Summary: 'We Are What We Eat' is a 10-minute (give or take) zombie film set in high school with a bit of a brain-twist built in. Doesn't have too much time to develop in its short run, but does fairly well with what it has. Includes trailer. Directed by Sam Toller. Produced by Darien Davis [Audio Visual Head Space]. Starring Lucy Joyce, Chris Bearne, and Zak Ozturk.
BLOT: (18 Jul 2012 - 03:52:21 PM)
We Are What We Eat (Short Zombie Film Shot by, and starring, Teen(s))

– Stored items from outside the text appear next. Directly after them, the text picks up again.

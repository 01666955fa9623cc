-- ===== src/Client/Writing.antt =====
-- The read-modify-write of sophos_client.py, and the writes that are built on it or that send only
-- a name.
pub mod Sent
use ha_sophos_fw.Prelude.{
  ℕ, zero, suc, ◌+◌, ◌-◌, ◌*◌, ◌/◌, ◌%◌, ◌≤◌, ◌<◌, String, ◌≡◌, refl, sym, ap, ◌∙◌, ◌≢◌, ◌↔◌, ◌⊎◌,
  inl, inr, Bool, true, false, not, ◌&&◌, ◌||◌, Option, none, some, List, [], ◌∷◌, ◌++◌, map, arith,
  ◌==◌, eq_iff, eq_refl, ltb, leb, eqb, if◌then◌else◌, leb→le, ltb→lt, eqb_iff, Bool-cases,
  Option-cases, or_else, is_some, get_or, ne→false, length, is_nil, keep_if, any_of, all_of,
  first_where, All, contains, Distinct,
}
use ha_sophos_fw.Xml.{Element, find, has_tag, edit_first, with_children, with_text, children}
use ha_sophos_fw.Client.Errors.{SophosError, api_error, write_error, Result, ok, err}
use ha_sophos_fw.Client.Request.{Request, get, update, set_wireless, set_ipsec, active_tag}
use ha_sophos_fw.Client.Answer.{Outcome, confirm}
use ha_sophos_fw.Client.Action.{World, Action, pure, lift, attempt, ◌>>=◌, ◌>>◌}
use ha_sophos_fw.Client.Reading.{post, get_record_element}

-- What a `change` closure does with the record it is given: it raises, or it says whether there is
-- something to write, leaves the edited record, and leaves a note in the caller's variables.
abbrev pub Change : Type 0 → Type 0
Change A = Element → Result (Bool × Element × A)

-- The check after the record was read back; a failed read is only logged.
unfoldable pub check_read_back : (Element → Bool) → Result Element → Result (Unit {0})
check_read_back verify (err e) = ok tt
check_read_back verify (ok after) =
    if verify after then ok tt else err (write_error (some "not_applied"))

-- The change of `_update_field`.
set_field : String → Option Element → Element → String → Result (Bool × Element × Unit {0})
set_field field none e value = err api_error
set_field field (some target) e value =
    ok (true, with_children (edit_first (has_tag field) (with_text value) (children e)) e, tt)

unfoldable pub field_change : String → String → Change (Unit {0})
unfolding set_field
field_change field value e = set_field field (find field e) e value

abbrev allow_text : Bool → String
allow_text true = "Allow"
allow_text false = "Deny"

abbrev enable_text : Bool → String
enable_text true = "Enable"
enable_text false = "Disable"

module _ {S : Type 0} (answer : Request → S → Outcome × S) where
  unfoldable pub read_back : String → String → Option (Element → Bool) → Action S (Unit {0})
  read_back t name none = pure tt
  read_back t name (some verify) = do
    after ← attempt (get_record_element answer t name)
    lift (check_read_back verify after)

  module _ {A : Type 0} where
    unfoldable pub write_changed :
        String → String → Option (Element → Bool) → Bool × Element × A → Action S A
    write_changed t name verify (false, e, note) = pure note
    write_changed t name verify (true, e, note) = do
      root ← post answer (update e)
      lift (confirm root ((t ∷ "Status" ∷ []) ∷ []))
      read_back t name verify
      pure note

    -- `_modify_record_held`, and `_modify_record`
    unfoldable pub modify_record : String → String → Change A → Option (Element → Bool) → Action S A
    modify_record t name change verify = do
      e ← get_record_element answer t name
      changed ← lift (change e)
      write_changed t name verify changed

  unfoldable pub update_field : String → String → String → String → Action S (Unit {0})
  update_field t name field value = modify_record t name (field_change field value) none

  unfoldable pub set_firewall_rule_status : String → Bool → Action S (Unit {0})
  set_firewall_rule_status name enable =
      update_field "FirewallRule" name "Status" (enable_text enable)

  unfoldable pub set_web_filter_default_action : String → Bool → Action S (Unit {0})
  set_web_filter_default_action name allow =
      update_field "WebFilterPolicy" name "DefaultAction" (allow_text allow)

  unfoldable pub set_wireless_network_status : String → Bool → Action S (Unit {0})
  set_wireless_network_status hardware_name enable = do
    root ← post answer (set_wireless hardware_name enable)
    lift (confirm root (("WirelessNetworkStatus" ∷ "Status" ∷ []) ∷ []))

  unfoldable pub set_ipsec_connection_active : String → Bool → Action S (Unit {0})
  set_ipsec_connection_active name active = do
    root ← post answer (set_ipsec name active)
    lift (
        confirm root (
          ("VPNIPSecConnection" ∷ active_tag active ∷ "Status" ∷ [])
          ∷ ("VPNIPSecConnection" ∷ "Status" ∷ [])
          ∷ (active_tag active ∷ "Status" ∷ [])
          ∷ ("Configuration" ∷ "Status" ∷ [])
          ∷ []))
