-- ===== src/Client/HostGroup.antt =====
-- Blocking and unblocking a device: the IP host groups of sophos_client.py.
pub mod Laws
pub mod Additions
use ha_sophos_fw.Prelude.{
  ℕ, zero, suc, ◌+◌, ◌-◌, ◌*◌, ◌/◌, ◌%◌, ◌≤◌, ◌<◌, String, ◌≡◌, refl, sym, ap, ◌∙◌, ◌≢◌, ◌↔◌, ◌⊎◌,
  inl, inr, Bool, true, false, not, ◌&&◌, ◌||◌, Option, none, some, List, [], ◌∷◌, ◌++◌, map, arith,
  ◌==◌, eq_iff, eq_refl, ltb, leb, eqb, if◌then◌else◌, leb→le, ltb→lt, eqb_iff, Bool-cases,
  Option-cases, or_else, is_some, get_or, ne→false, length, is_nil, keep_if, any_of, all_of,
  first_where, All, contains, Distinct,
}
use ha_sophos_fw.Xml.{
  Element, tag, children, with_children, leaf, branch, has_tag, find, find_all, iter, child_text,
  stripped, is_status_only, edit_first, remove_first, insert_before,
}
use ha_sophos_fw.Client.Errors.{write_error, Result, ok, err, require}
use ha_sophos_fw.Client.Request.{Request, get, add_ip_host}
use ha_sophos_fw.Client.Answer.{Outcome, confirm}
use ha_sophos_fw.Client.Action.{Action, pure, lift, ◌>>=◌, ◌>>◌}
use ha_sophos_fw.Client.Reading.{post, get_record_element}
use ha_sophos_fw.Client.Writing.{Change, modify_record}

is_host_at : String → Element → Bool
is_host_at ip e =
    not (is_status_only e)
    && get_or (child_text "HostType" e) "" == "IP"
    && get_or (child_text "IPAddress" e) "" == ip

present_names : List (Option String) → List String
present_names [] = []
present_names (none ∷ l) = present_names l
present_names (some s ∷ l) = s ∷ present_names l

-- The names of the IPHosts of type IP with the address, among the elements of an answer.
unfoldable pub hosts_at : String → List Element → List String
unfolding is_host_at present_names
hosts_at ip es = present_names (map (child_text "Name") (keep_if (is_host_at ip) es))

members_of : Option Element → List String
members_of none = []
members_of (some l) = map stripped (find_all "Host" l)

unfoldable pub host_members : Element → List String
unfolding members_of find find_all
host_members e = members_of (find "HostList" e)

unfoldable pub check_ipv4_group : Element → Result (Unit {0})
check_ipv4_group e = require (get_or (child_text "IPFamily" e) "IPv4" == "IPv4") (write_error none)

insert_host : String → Option Element → Element → Element
insert_host host none e =
    with_children
      (insert_before (has_tag "IPFamily") (branch "HostList" (leaf "Host" host ∷ [])) (children e))
      e
insert_host host (some l) e =
    with_children
      (edit_first (has_tag "HostList") (λ l. with_children (children l ++ leaf "Host" host ∷ []) l)
        (children e))
      e

-- The closure `change` of `block_ip_in_group`.
unfoldable pub block_change : String → Change (Unit {0})
unfolding insert_host
block_change host e = elim (check_ipv4_group e) [
  | err x ↦ err x
  | ok _ ↦
      if contains (host_members e) host
      then ok (false, e, tt)
      else ok (true, insert_host host (find "HostList" e) e, tt)
]

-- A <Host> entry of one of the hosts.
unfoldable pub is_entry_of : List String → Element → Bool
is_entry_of hosts e = has_tag "Host" e && contains hosts (stripped e)

drop_hosts : List String → Element → Element
drop_hosts hosts l = with_children (keep_if (λ e. not (is_entry_of hosts e)) (children l)) l

remove_hosts : List String → Element → Element → Element
unfolding drop_hosts
remove_hosts hosts l e =
    if is_nil (children (drop_hosts hosts l))
    then with_children (remove_first (has_tag "HostList") (children e)) e
    else with_children (edit_first (has_tag "HostList") (drop_hosts hosts) (children e)) e

unblock_list : List String → Option Element → Element → Result (Bool × Element × List String)
unfolding remove_hosts
unblock_list hosts none e = ok (false, e, [])
unblock_list hosts (some l) e =
    let removed = map stripped (keep_if (is_entry_of hosts) (children l)) in
    if is_nil removed then ok (false, e, []) else ok (true, remove_hosts hosts l e, removed)

-- The closure `change` of `unblock_ip_in_group`; its note is the list `removed`.
unfoldable pub unblock_change : List String → Change (List String)
unfolding unblock_list
unblock_change hosts e = elim (check_ipv4_group e) [
  | err x ↦ err x
  | ok _ ↦ unblock_list hosts (find "HostList" e) e
]

-- `not hosts.intersection(members)`
abbrev pub disjoint : List String → List String → Bool
disjoint hosts members = not (any_of (contains hosts) members)

module _ {S : Type 0} (answer : Request → S → Outcome × S) where
  unfoldable pub ip_hosts : String → Action S (List String)
  ip_hosts ip = do root ← post answer (get "IPHost"); pure (hosts_at ip (iter "IPHost" root))

  -- A refusal with code 502 is raised again with the same code and another message.
  unfoldable pub add_host : String → String → Action S String
  add_host ip name = do
    root ← post answer (add_ip_host ip name)
    lift (confirm root (("IPHost" ∷ "Status" ∷ []) ∷ []))
    pure name

  -- `hosts[0] if hosts else await self._add_ip_host_held(ip, name)`
  pick_host : List String → String → String → Action S String
  unfolding add_host
  pick_host (host ∷ hosts) ip name = pure host
  pick_host [] ip name = add_host ip name

  block_new : Option String → String → List String → String → String → Action S (Bool × String)
  unfolding pick_host
  block_new (some member) group hosts ip name = pure (false, member)
  block_new none group hosts ip name = do
    host ← pick_host hosts ip name
    modify_record answer "IPHostGroup" group (block_change host)
        (some (λ e. contains (host_members e) host))
    pure (true, host)

  unfoldable pub block_ip_in_group : String → String → String → Action S (Bool × String)
  unfolding ip_hosts block_new
  block_ip_in_group group ip name = do
    group_elem ← get_record_element answer "IPHostGroup" group
    lift (check_ipv4_group group_elem)
    hosts ← ip_hosts ip
    block_new (first_where (contains (host_members group_elem)) hosts) group hosts ip name

  unfoldable pub unblock_ip_in_group : String → String → Action S (Bool × List String)
  unfolding ip_hosts
  unblock_ip_in_group group ip = do
    hosts ← ip_hosts ip
    removed ←
        modify_record answer "IPHostGroup" group (unblock_change hosts)
          (some (λ e. disjoint hosts (host_members e)))
    pure (not (is_nil removed), removed)
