-- ===== src/Client/HostGroup/Additions.antt =====
-- When blocking a device creates an IP host on the firewall.
use mathlib.Core.List.{append-nil}
use ha_sophos_fw.Prelude.{
  String, ◌≡◌, refl, ap, ◌∙◌, ◌⊎◌, inl, inr, Bool, true, false, Option, none, some, List, [], ◌∷◌,
  ◌++◌, arith, first_where, contains,
}
use ha_sophos_fw.Xml.{Element}
use ha_sophos_fw.Client.Errors.{Result, ok, Result-cases}
use ha_sophos_fw.Client.Request.{Request, login, get, update, add_ip_host, set_wireless, set_ipsec}
use ha_sophos_fw.Client.Answer.{Outcome}
use ha_sophos_fw.Client.Action.{World, Action, pure, ◌>>◌}
use ha_sophos_fw.Client.Reading.{post, get_record_element}
use ha_sophos_fw.Client.Writing.{Change, read_back, write_changed, modify_record}
use ha_sophos_fw.Client.HostGroup.{
  host_members, check_ipv4_group, block_change, ip_hosts, add_host, pick_host, block_new,
  block_ip_in_group,
}

-- The hosts that a sequence of requests creates: address and name.
unfoldable pub additions : List Request → List (String × String)
additions [] = []
additions (add_ip_host ip name ∷ rs) = (ip, name) ∷ additions rs
additions (_ ∷ rs) = additions rs

additions-append : (rs qs : List Request) → additions (rs ++ qs) ≡ additions rs ++ additions qs
unfolding additions
additions-append [] qs = refl
additions-append (add_ip_host ip n ∷ rs) qs = ap (◌∷◌ (ip, n)) (additions-append rs qs)
additions-append (login ∷ rs) qs = additions-append rs qs
additions-append (get t ∷ rs) qs = additions-append rs qs
additions-append (update e ∷ rs) qs = additions-append rs qs
additions-append (set_wireless n b ∷ rs) qs = additions-append rs qs
additions-append (set_ipsec n b ∷ rs) qs = additions-append rs qs

module _ {S : Type 0} (answer : Request → S → Outcome × S) where
  additions-post :
      (r : Request) (w : World S)
      → additions (post answer r w).1.sent ≡ additions w.sent ++ additions (r ∷ [])
  unfolding post
  additions-post r w = additions-append w.sent (r ∷ [])

  additions-get :
      (t : String) (w : World S) → additions (post answer (get t) w).1.sent ≡ additions w.sent
  additions-get t w = rw additions-post (unfold additions in append-nil _)

  additions-update :
      (e : Element) (w : World S) → additions (post answer (update e) w).1.sent ≡ additions w.sent
  additions-update e w = rw additions-post (unfold additions in append-nil _)

  additions-get_record_element :
      (t name : String) (w : World S)
      → additions (get_record_element answer t name w).1.sent ≡ additions w.sent
  unfolding get_record_element
  additions-get_record_element t name w = ground (arith, additions-get t w)

  additions-read_back :
      (t name : String) (v : Option (Element → Bool)) (w : World S)
      → additions (read_back answer t name v w).1.sent ≡ additions w.sent
  unfolding read_back
  additions-read_back t name none w = refl
  additions-read_back t name (some v) w = additions-get_record_element t name w

  module _ {A : Type 0} (t name : String) (verify : Option (Element → Bool)) where
    additions-write_changed :
        (c : Bool × Element × A) (w : World S)
        → additions (write_changed answer t name verify c w).1.sent ≡ additions w.sent
    unfolding write_changed
    additions-write_changed (false, e, note) w = refl
    additions-write_changed (true, e, note) w =
        let sent = (post answer (update e) w).1 in
        ground (arith, additions-update e w, additions-read_back t name verify sent)

    additions-modify_record :
        (change : Change A) (w : World S)
        → additions (modify_record answer t name change verify w).1.sent ≡ additions w.sent
    unfolding modify_record
    additions-modify_record change w = elim (Result-cases (get_record_element answer t name w).0) [
      | inr (x, p) ↦ rw p kept
      | inl (e, p) ↦ elim (Result-cases (change e)) [
        | inr (x, q) ↦ rw (p, q) kept
        | inl (c, q) ↦ rw (p, q) (additions-write_changed c _ ∙ kept)
      ]
    ]
      where
        kept : additions (get_record_element answer t name w).1.sent ≡ additions w.sent
        kept = additions-get_record_element t name w

  additions-ip_hosts :
      (ip : String) (w : World S) → additions (ip_hosts answer ip w).1.sent ≡ additions w.sent
  unfolding ip_hosts
  additions-ip_hosts ip w = ground (arith, additions-get "IPHost" w)

  additions-add_host :
      (ip name : String) (w : World S)
      → additions (add_host answer ip name w).1.sent ≡ additions w.sent ++ (ip, name) ∷ []
  unfolding add_host additions
  additions-add_host ip name w = ground (arith, additions-post (add_ip_host ip name) w)

  module _ (group ip name : String) where
    abbrev modified : String → Action S (Bool × String)
    modified host = do
      modify_record answer "IPHostGroup" group (block_change host)
          (some (λ e. contains (host_members e) host))
      pure (true, host)

    additions-modified :
        (host : String) (w : World S) → additions (modified host w).1.sent ≡ additions w.sent
    additions-modified host w =
        ground (arith, additions-modify_record "IPHostGroup" group verify (block_change host) w)
      where
        verify : Option (Element → Bool)
        verify = some (λ e. contains (host_members e) host)

    additions-block_new :
        (o : Option String) (hosts : List String) (w : World S)
        → (additions (block_new answer o group hosts ip name w).1.sent ≡ additions w.sent)
          ⊎ ((hosts ≡ [])
              × (additions (block_new answer o group hosts ip name w).1.sent
                  ≡ additions w.sent ++ (ip, name) ∷ []))
    unfolding block_new pick_host
    additions-block_new (some m) hosts w = inl refl
    additions-block_new none [] w = inr (
      refl,
      elim (Result-cases (add_host answer ip name w).0) [
        | inr (x, p) ↦ rw p (additions-add_host ip name w)
        | inl (h, p) ↦
            rw p (additions-modified h (add_host answer ip name w).1 ∙ additions-add_host ip name w)
      ],
    )
    additions-block_new none (h ∷ hosts) w = inl (additions-modified h w)

    -- Blocking a device creates a host at most once, and only if the group could be read, is an IPv4
    -- group, and the firewall reports no host with the address: a wrong group name leaves no host behind.
    pub additions-block_ip_in_group :
        (w : World S)
        → let after = (get_record_element answer "IPHostGroup" group w).1 in
          let sent = (block_ip_in_group answer group ip name w).1.sent in
          (additions sent ≡ additions w.sent)
          ⊎ ((e : Element) × ((get_record_element answer "IPHostGroup" group w).0 ≡ ok e)
              × (check_ipv4_group e ≡ ok tt)
              × ((ip_hosts answer ip after).0 ≡ ok [])
              × (additions sent ≡ additions w.sent ++ (ip, name) ∷ []))
    unfolding block_ip_in_group
    additions-block_ip_in_group w = elim (Result-cases found) [
      | inr (x, p) ↦ inl (rw p kept)
      | inl (e, p) ↦ elim (Result-cases (check_ipv4_group e)) [
        | inr (x, q) ↦ inl (rw (p, q) kept)
        | inl (u, q) ↦ elim (Result-cases hosts) [
          | inr (x, r) ↦ inl (rw (p, q, r) listed)
          | inl (hs, r) ↦
              elim (additions-block_new (first_where (contains (host_members e)) hs) hs
                after_hosts) [
                  | inl same ↦ inl (rw (p, q, r) (same ∙ listed))
                  | inr (none_there, more) ↦ inr (
                    e,
                    p,
                    q,
                    r ∙ ap ok none_there,
                    rw (p, q, r) (more ∙ ap (λ l. l ++ (ip, name) ∷ []) listed),
                  )
                ]
        ]
      ]
    ]
      where
        found : Result Element
        found = (get_record_element answer "IPHostGroup" group w).0

        after : World S
        after = (get_record_element answer "IPHostGroup" group w).1

        hosts : Result (List String)
        hosts = (ip_hosts answer ip after).0

        after_hosts : World S
        after_hosts = (ip_hosts answer ip after).1

        kept : additions after.sent ≡ additions w.sent
        kept = additions-get_record_element "IPHostGroup" group w

        listed : additions after_hosts.sent ≡ additions w.sent
        listed = additions-ip_hosts ip after ∙ kept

the gist. Nicole is a fairly typical high schooler from suburbia: hangs out with friends, feels a bit abandoned by her parents. Then her friend may or may not become a zombie and may or may not bite her [the question of reality is built in]. The next day, she finds the school infested by the living dead as she looks on from afar [Camus's The Stranger...of the Living Dead anyone?], and then the horror comes after her, maybe. [For those thinking I've having a bit of fun, here is the blurb from the trailer [below, via Vimeo]: "Nicole, a high school girl finds herself in the midst of a zombie apocalypse... Or does she? Follow her as she attempts to discern between what reality and a nightmare created by her own mind. Her life and death are in her own hands..."]
one paragraph review. This film helps me to enjoy something that I one time loved about zombie films, though I think may have grown into the genre's weakness*: their accessibility of production. Relatively cheap zombie films, using the sort of make-up you can make in your [well-stocked] kitchen, can grow into full-blown numbers as long as you have passion, talent, patience, and a flair for making use of what tools life has given you. In that regards, Sam Toller, who was 16 at the time of making this in 2011, brings it home. Sure, the make-up fails in places, the short time forces some elements to be even more ethereral and abrupt than the plot already made them, and it ends up feeling a bit more high-quality demo-reel than complete project; but it works. It's short, relatively to the point, makes well-use of angles and built in emotional context, and even gets a minute-long evisceration into the mix. At the core of the film is the brainscrew elements of whether Nicole is infected, witnessing her own mental breakdown, or merely escaping from reality by seeing the kid-eat-kid nature of things more directly**, and I hope that maybe one day Toller revisits this and expands and devlops it to at least double or triple the length of this film (so it has time for some more back and forth). For a film that was a labor of love***, it is a Good film. In the context of comparing it to longer, fuller works, it might not score higher than Fair, but hopefully this is just a start.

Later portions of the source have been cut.